Besides normal and ectopic pregnancies, the most common causes of positive hCG are quiescent gestational trophoblastic disease following ectopic pregnancy and spontaneous abortion, false-positive serum hCG, pituitary sulfated hCG, non-trophoblastic neoplasm or placental site trophoblastic tumor, gestational trophoblastic neoplasm, testicular cancer, sportsmen with hCG doping, Munchausen’s syndrome, and women using hCG as a dietary aid [4]. In our laboratory, attention was drawn to a number of false-positive hCG values in urine using the Roche Modular Analytic System, which were encountered in non-pregnant women. Using modern immunoassays based on highly specific sets of monoclonal antibodies, false-positive hCG results have become rare. Following the exclusion of common analytical interferences (human anti-mouse IgG or heterophilic antibodies) [5], [6], [7] and ectopic hCG production by non-reported tumors, a striking coincidence with upper urinary tract infection and false positive urinary hCG values was observed. This unexpected finding of hitherto unreported interference prompted us to perform additional biochemical and clinical investigations. The chemical nature of the interference was investigated in detail. Concomitantly, a clinical study was initiated to investigate the clinical correlation between false-positive hCG findings.
Materials and methods
Subjects
Participants in the study were selected based on the clinical diagnosis of upper and lower urinary tract infections (UTIs). The study included urine specimens from 15 patients diagnosed with upper UTI, comprising nine males and six females with a median age of 65 years [interquartile range (IQR): 58–69 years]. A control group of 20 age-matched adults including 10 males and 10 females with a median age of 64 years (IQR: 56–68 years), was selected from individual diagnosed with lower UTI. Pregnancy was excluded in all the cases investigated by urinary HCG testing. Both groups were rigorously assessed using clinical and laboratory criteria to ensure accurate classification. The diagnosis of upper vs. lower urinary tract infection was determined based on clinal and laboratory criteria. Upper UTI (pyelonephritis) was identified by the presence of systemic symptoms such as fever (≥38 °C), flank pain, and elevated inflammatory markers (e.g., C-reactive protein and white blood cell count), alongside bacteriuria and pyuria in urinalysis. Lower UTI was classified in the absence of systemic symptoms and based on localized urinary symptoms such as dysuria, frequency, and urgency, supported by bacteriuria and pyuria without systemic markers of inflammation.
Sample collection
Urine samples were collected and analyzed to investigate false-positive hCG results. The pre-analytical phase of the study was meticulously managed to ensure the integrity of the samples and the reliability of the results. Urine was collected in sterile containers suitable for urinalysis and were transported with a pneumatic tube system. Samples were processed within 2 h of collection to minimize degradation or alterations in analyte levels, adhering to standard clinical laboratory practices.
hCG test
hCG testing in urine (catalogue number: 03271749190) was performed using the Roche Modular Analytics System (Roche Diagnostics, Vilvoorde, Belgium). This assay is intended for use in serum or plasma. Positive results were confirmed with immunoassays from multiple vendors to assess cross-reactivity. The immunobeads (which are a part of catalogue number: L2KCG2) intended for use on the Immulite 2000 System (Siemens, Brussels, Belgium) were used for immunoextracting the interfering protein [8]. The presence of heterophilic antibodies as potential interfering factors was tested by pretreating the urine sample with heterophilic blocking tubes (Scantibodies Laboratory, Villebon, France) [9].
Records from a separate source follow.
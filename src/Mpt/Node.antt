-- ===== src/Mpt/Node.antt =====
-- pkg/core/mpt/node.go, branch.go, extension.go, leaf.go, hash.go, empty.go and base.go: the nodes, their
-- bytes and their hashes. A node's cached bytes and hash are not modelled: they are computed.
use epicchain_go.Common.{
  ℕ, zero, suc, Bool, true, false, List, [], ◌∷◌, ◌++◌, length, ◌==◌, if◌then◌else◌,
}
use epicchain_go.Io.Writer.{var_uint_bytes}

-- The Children of a branch are a function of the index. `hash h n` is a HashNode with the node that
-- getFromStore decodes for its hash, `lost h` one for which it answers an error: Get, Put and Delete do
-- not write to the store, so the answer is the same whenever it is asked.
pub data Node : Type 0 where
  leaf : List ℕ → Node
  branch : (ℕ → Node) → Node
  extension : List ℕ → Node → Node
  hash : List ℕ → Node → Node
  lost : List ℕ → Node
  empty : Node

abbrev pub children_count : ℕ
children_count = 17

abbrev pub last_child : ℕ
last_child = 16

abbrev pub is_empty : Node → Bool
is_empty empty = true
is_empty (leaf v) = false
is_empty (branch cs) = false
is_empty (extension k n) = false
is_empty (hash h n) = false
is_empty (lost h) = false

-- b.Children[i] = n
abbrev pub put_child : ℕ → Node → (ℕ → Node) → ℕ → Node
put_child i n cs j = if i == j then n else cs j

-- NewBranchNode
abbrev pub no_children : ℕ → Node
no_children i = empty

abbrev pub split_path : List ℕ → ℕ × List ℕ
split_path [] = (last_child, [])
split_path (x ∷ path) = (x, path)

-- The bytes of the children from the first on, by encodeBinaryAsChild.
abbrev pub join_below : ℕ → (ℕ → List ℕ) → List ℕ
join_below zero f = []
join_below (suc n) f = join_below n f ++ f n

-- encodeBinaryAsChild, of a node that is empty or not and has the given hash.
abbrev pub as_child : Bool → List ℕ → List ℕ
as_child true h = 4 ∷ []
as_child false h = 3 ∷ h

-- `sha` is DoubleSha256. EmptyNode has no hash: Hash panics, and encodeBinaryAsChild asks for none.
module _ (sha : List ℕ → List ℕ) where
  unfoldable pub hash_of : Node → List ℕ
  hash_of (leaf v) = sha (2 ∷ var_uint_bytes (length v) ++ v)
  hash_of (branch cs) =
      sha (0 ∷ join_below children_count (λ i. as_child (is_empty (cs i)) (hash_of (cs i))))
  hash_of (extension k n) =
      sha (1 ∷ (var_uint_bytes (length k) ++ k) ++ as_child (is_empty n) (hash_of n))
  hash_of (hash h n) = h
  hash_of (lost h) = h
  hash_of empty = []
Gel permeation chromatography
Gel permeation chromatography was performed by injecting 30 µL of the patient’s serum into a Waters 650E advanced protein purification system (Millipore, Overijse, Belgium) and subjected to high-pressure gel permeation chromatography (HPGPC). A 150 mL volume of human serum was injected using the Wisp 712 automatic sampler (Waters Corporation, Milford, MA, USA). For chromatographic separation, an 8 × 300 mm2 Protein PAK glass 300 SW column (Waters Corporation, Milford, MA, USA) was used. Phosphate-buffered saline (PBS) [0.1 mol/L, containing 137 mmol/L NaCl, 2.7 mmol/L KCl, 8.1 mmol/L Na2HPO4, 1.47 mmol/L KH2PO4 (pH 7.3)] was used as the mobile phase. The flow rate was 1.0 mL/min [10]. The concentrations of various hCG-containing fractions were confirmed by electrochemiluminescence. Simultaneously, cystatin c, albumin, and immunoglobulin G, with known molecular masses, were measured in different fractions.
Immunopurification
Immunopurification of the proteins reacting with hCG antibodies was performed on the urine matrix. The patient’s urine was adsorbed onto beads coated with monoclonal anti-hCG antibodies originating from an Immulite 2000 hCG kit (Siemens, Brussels, Belgium), using a solid-phase, two-site chemiluminescent immunometric assay. After elution under acid pH conditions (0.2 mol/L sodium acetate buffer containing 0.15 mol/L NaCl, pH 3), the adsorbed protein was rechromatographed using the same procedure. Following the second incubation step and neutralization with sodium hydroxyde 0.1 mol/L, the hCG in the eluate was assayed. Following chromatography, the eluate was subjected to peptide analysis using an Ultimate 3000 nano-high-performance liquid chromatography (HPLC) system (Dionex, Amsterdam, The Netherlands) coupled with an LTQ Orbitrap XL mass spectrometer (Thermo Electron, Bremen, Germany).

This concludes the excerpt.